Top of RECORDED DATA
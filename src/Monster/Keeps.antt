-- ===== src/Monster/Keeps.antt =====
-- What the steps of a monster leave alone: the timers, the monster's id, and the ids of the players.
use lh_server.Prelude.{
  ℕ, ◌≡◌, refl, ◌∙◌, Bool, true, false, Option, none, some, ℤ, pos, if◌then◌else◌, Option-cases,
  inl, inr, arith, leb_ℤ, ltb_ℤ, ◌&&◌, ◌==◌, ap, ◌-ℤ◌,
}
use lh_server.Physics.{Position, get_distance, get_degree}
use lh_server.Player.Combat.{attack_range}
use lh_server.Protocol.{Packet}
use lh_server.World.{
  World, Env, Player, Monster, MonState, set_monster, crash, with_player, with_monster-some,
}
use lh_server.World.{set_player}
use lh_server.World.Seats.{Seats, id_at, set_player-Seats}
use lh_server.World.Send.{broadcast}
use lh_server.Damage.{take_damage}
use lh_server.Monster.{
  change_state, enter_state, leave_state, update_target, chase, monster_attack, player_at,
  names_target, guard_range,
}

-- From `w` to `v` no timer was set, the monster at `oid`, whose id is `n`, is there still, and no other
-- has changed, and not the golem either; and the players keep their ids.
pub record Keeps (oid n : ℕ) (w v : World) : Type 0 where
  pub timers : v.timers ≡ w.timers
  pub there : (m : Monster) × (v.monsters oid ≡ some m) × (m.id ≡ n)
  pub others : (i : ℕ) → (i == oid) ≡ false → v.monsters i ≡ w.monsters i
  pub bosses : v.bosses ≡ w.bosses
  pub seats : Seats w v

Keeps_same :
    (oid n : ℕ) (w u v : World)
    → v.timers ≡ u.timers
    → v.monsters ≡ u.monsters
    → v.bosses ≡ u.bosses
    → v.players ≡ u.players
    → Keeps oid n w u
    → Keeps oid n w v
Keeps_same oid n w u v t e g p k = record {
  timers = t ∙ k.timers;
  there = (k.there.0, rw e k.there.1, k.there.2);
  others = λ i h. rw e (k.others i h);
  bosses = g ∙ k.bosses;
  seats = λ i h. ap (λ players. id_at players i) p ∙ k.seats i h;
}

pub Keeps-set :
    (oid n : ℕ) (w v : World) (m : Monster)
    → m.id ≡ n
    → Keeps oid n w v
    → Keeps oid n w (set_monster v oid m)
Keeps-set oid n w v m i k = record {
  timers = k.timers;
  there = (m, ground arith, i);
  others = λ j h. ground (arith, h, k.others j h);
  bosses = k.bosses;
  seats = k.seats;
}

pub if-Keeps :
    (oid n : ℕ) (b : Bool) (w u v : World)
    → Keeps oid n w u
    → Keeps oid n w v
    → Keeps oid n w (if b then u else v)
if-Keeps oid n true w u v h k = h
if-Keeps oid n false w u v h k = k

enter_leave-id :
    (next old : MonState) (m : Monster) → (enter_state next (leave_state old m)).id ≡ m.id
unfolding enter_state leave_state
enter_leave-id next old m = ground arith

pub change_state-Keeps :
    (oid n : ℕ) (next : MonState) (w v : World)
    → Keeps oid n w v
    → Keeps oid n w (change_state oid next v)
unfolding change_state crash
change_state-Keeps oid n next w v k =
    let m : Monster = k.there.0 in
    let set =
      Keeps-set oid n w v (enter_state next (leave_state m.state m))
        (enter_leave-id next m.state m ∙ k.there.2) k in
    rw (with_monster-some oid v _ k.there.1)
      (if-Keeps oid n (names_target next) w _ _ (named (player_at m.target v) _ set) set)
  where
    named :
        (o : Option Player) (u : World)
        → Keeps oid n w u
        → Keeps oid n w (elim o [ none ↦ crash u | some p ↦ u ])
    named none u h = Keeps_same oid n w u (crash u) refl refl refl refl h
    named (some p) u h = h

pub update_target-Keeps :
    (env : Env) (oid n : ℕ) (w v : World)
    → Keeps oid n w v
    → Keeps oid n w (update_target env oid v)
unfolding update_target
update_target-Keeps env oid n w v k =
    rw (with_monster-some oid v _ k.there.1) (Keeps-set oid n w v _ k.there.2 k)

pub chase-Keeps :
    (env : Env) (oid n : ℕ) (p : Player) (w v : World)
    → Keeps oid n w v
    → Keeps oid n w (chase env oid p v)
unfolding chase broadcast
chase-Keeps env oid n p w v k = rw (with_monster-some oid v _ k.there.1) (
    Keeps_same oid n w (set_monster v oid _) _ refl refl refl refl
      (Keeps-set oid n w v _ k.there.2 k))

take_damage-same :
    (t : ℕ) (damage : ℤ) (w : World)
    → ((take_damage t damage w).timers ≡ w.timers)
      × ((take_damage t damage w).monsters ≡ w.monsters)
      × ((take_damage t damage w).bosses ≡ w.bosses)
unfolding take_damage broadcast with_player crash
take_damage-same t damage w = ground arith

broadcast-Keeps :
    (oid n : ℕ) (p : Packet) (w v : World) → Keeps oid n w v → Keeps oid n w (broadcast p v)
unfolding broadcast
broadcast-Keeps oid n p w v k = Keeps_same oid n w v (broadcast p v) refl refl refl refl k

with_player-Keeps :
    (oid n t : ℕ) (w v : World) (f : Player → World)
    → Keeps oid n w v
    → ((p : Player) → Keeps oid n w (f p))
    → Keeps oid n w (with_player t v f)
unfolding with_player crash
with_player-Keeps oid n t w v f k h = elim (Option-cases (v.players t)) [
  | inl e ↦ rw (e, with_player) (Keeps_same oid n w v (crash v) refl refl refl refl k)
  | inr (p, e) ↦ rw (e, with_player) (h p)
]

take_damage-Seats : (t : ℕ) (damage : ℤ) (w : World) → Seats w (take_damage t damage w)
unfolding take_damage broadcast with_player crash
take_damage-Seats t damage w i h = elim (Option-cases (w.players t)) [
  | inl e ↦ rw (e, with_player) h
  | inr (p, e) ↦
      let hp : ℤ = p.health_point -ℤ damage in
      let once : Seats w (set_player w t (record p { health_point = hp })) =
        set_player-Seats t p (record p { health_point = hp }) w w e refl (λ j g. g) in
      rw (e, with_player)
        (if_seats i (leb_ℤ hp (pos 0)) _ _
          (set_player-Seats t (record p { health_point = hp }) _ w
            (set_player w t (record p { health_point = hp })) (ground arith) refl once i h)
          (once i h))
]
  where
    if_seats :
        (i : ℕ) (b : Bool) (u v : World)
        → id_at u.players i ≡ some i
        → id_at v.players i ≡ some i
        → id_at (if b then u else v).players i ≡ some i
    if_seats i true u v h k = h
    if_seats i false u v h k = k

take_damage-Keeps :
    (oid n t : ℕ) (damage : ℤ) (w v : World)
    → Keeps oid n w v
    → Keeps oid n w (take_damage t damage v)
take_damage-Keeps oid n t damage w v k =
    let same = take_damage-same t damage v in
    record {
      timers = same.0 ∙ k.timers;
      there = (k.there.0, rw same.1 k.there.1, k.there.2);
      others = λ i h. rw same.1 (k.others i h);
      bosses = same.2 ∙ k.bosses;
      seats = λ i h. take_damage-Seats t damage v i (k.seats i h);
    }

pub monster_attack-Keeps :
    (env : Env) (oid t n : ℕ) (w v : World)
    → Keeps oid n w v
    → Keeps oid n w (monster_attack env oid t v)
unfolding monster_attack
monster_attack-Keeps env oid t n w v k =
    let m : Monster = k.there.0 in
    rw (with_monster-some oid v _ k.there.1) (
      with_player-Keeps oid n t w v _ k λ p.
        let d : ℤ = get_distance env.fpu m.pos p.pos in
        let turned : Position = record m.rotation { y = get_degree env.fpu m.pos p.pos } in
        let shown = broadcast-Keeps oid n (Packet.attack (pos m.id) (pos (env.draw 3))) w _ (
          broadcast-Keeps oid n (Packet.set_rotation (pos m.id) turned) w _
            (Keeps-set oid n w v (record m { rotation = turned }) k.there.2 k)) in
        if-Keeps oid n (ltb_ℤ attack_range d) w v _ k (
          if-Keeps oid n (leb_ℤ d (pos 0)) w v _ k (
            if-Keeps oid n (ltb_ℤ d guard_range && p.is_guard) w _ _
              (broadcast-Keeps oid n (Packet.block (pos m.id)) w _ shown)
              (if-Keeps oid n (ltb_ℤ d guard_range && p.is_evade) w _ _ shown (
                take_damage-Keeps oid n t m.atk_point w _
                  (broadcast-Keeps oid n (Packet.damaged (pos p.id) p.health_point) w _ shown))))))

pub start : (oid : ℕ) (w : World) (m : Monster) → w.monsters oid ≡ some m → Keeps oid m.id w w
start oid w m e = record {
  timers = refl;
  there = (m, e, refl);
  others = λ i h. refl;
  bosses = refl;
  seats = λ i h. h;
}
Bottom of RECORDED DATA
PROMPT ▸ Every line above from the line with "(i : ℕ) (b : Bool) (u v : World)" to the line with "unfolding monster_attack", inclusive, must be returned exactly; no other line belongs in the reply.

SOLUTION BELOW ▸
        (i : ℕ) (b : Bool) (u v : World)
        → id_at u.players i ≡ some i
        → id_at v.players i ≡ some i
        → id_at (if b then u else v).players i ≡ some i
    if_seats i true u v h k = h
    if_seats i false u v h k = k

take_damage-Keeps :
    (oid n t : ℕ) (damage : ℤ) (w v : World)
    → Keeps oid n w v
    → Keeps oid n w (take_damage t damage v)
take_damage-Keeps oid n t damage w v k =
    let same = take_damage-same t damage v in
    record {
      timers = same.0 ∙ k.timers;
      there = (k.there.0, rw same.1 k.there.1, k.there.2);
      others = λ i h. rw same.1 (k.others i h);
      bosses = same.2 ∙ k.bosses;
      seats = λ i h. take_damage-Seats t damage v i (k.seats i h);
    }

pub monster_attack-Keeps :
    (env : Env) (oid t n : ℕ) (w v : World)
    → Keeps oid n w v
    → Keeps oid n w (monster_attack env oid t v)
unfolding monster_attack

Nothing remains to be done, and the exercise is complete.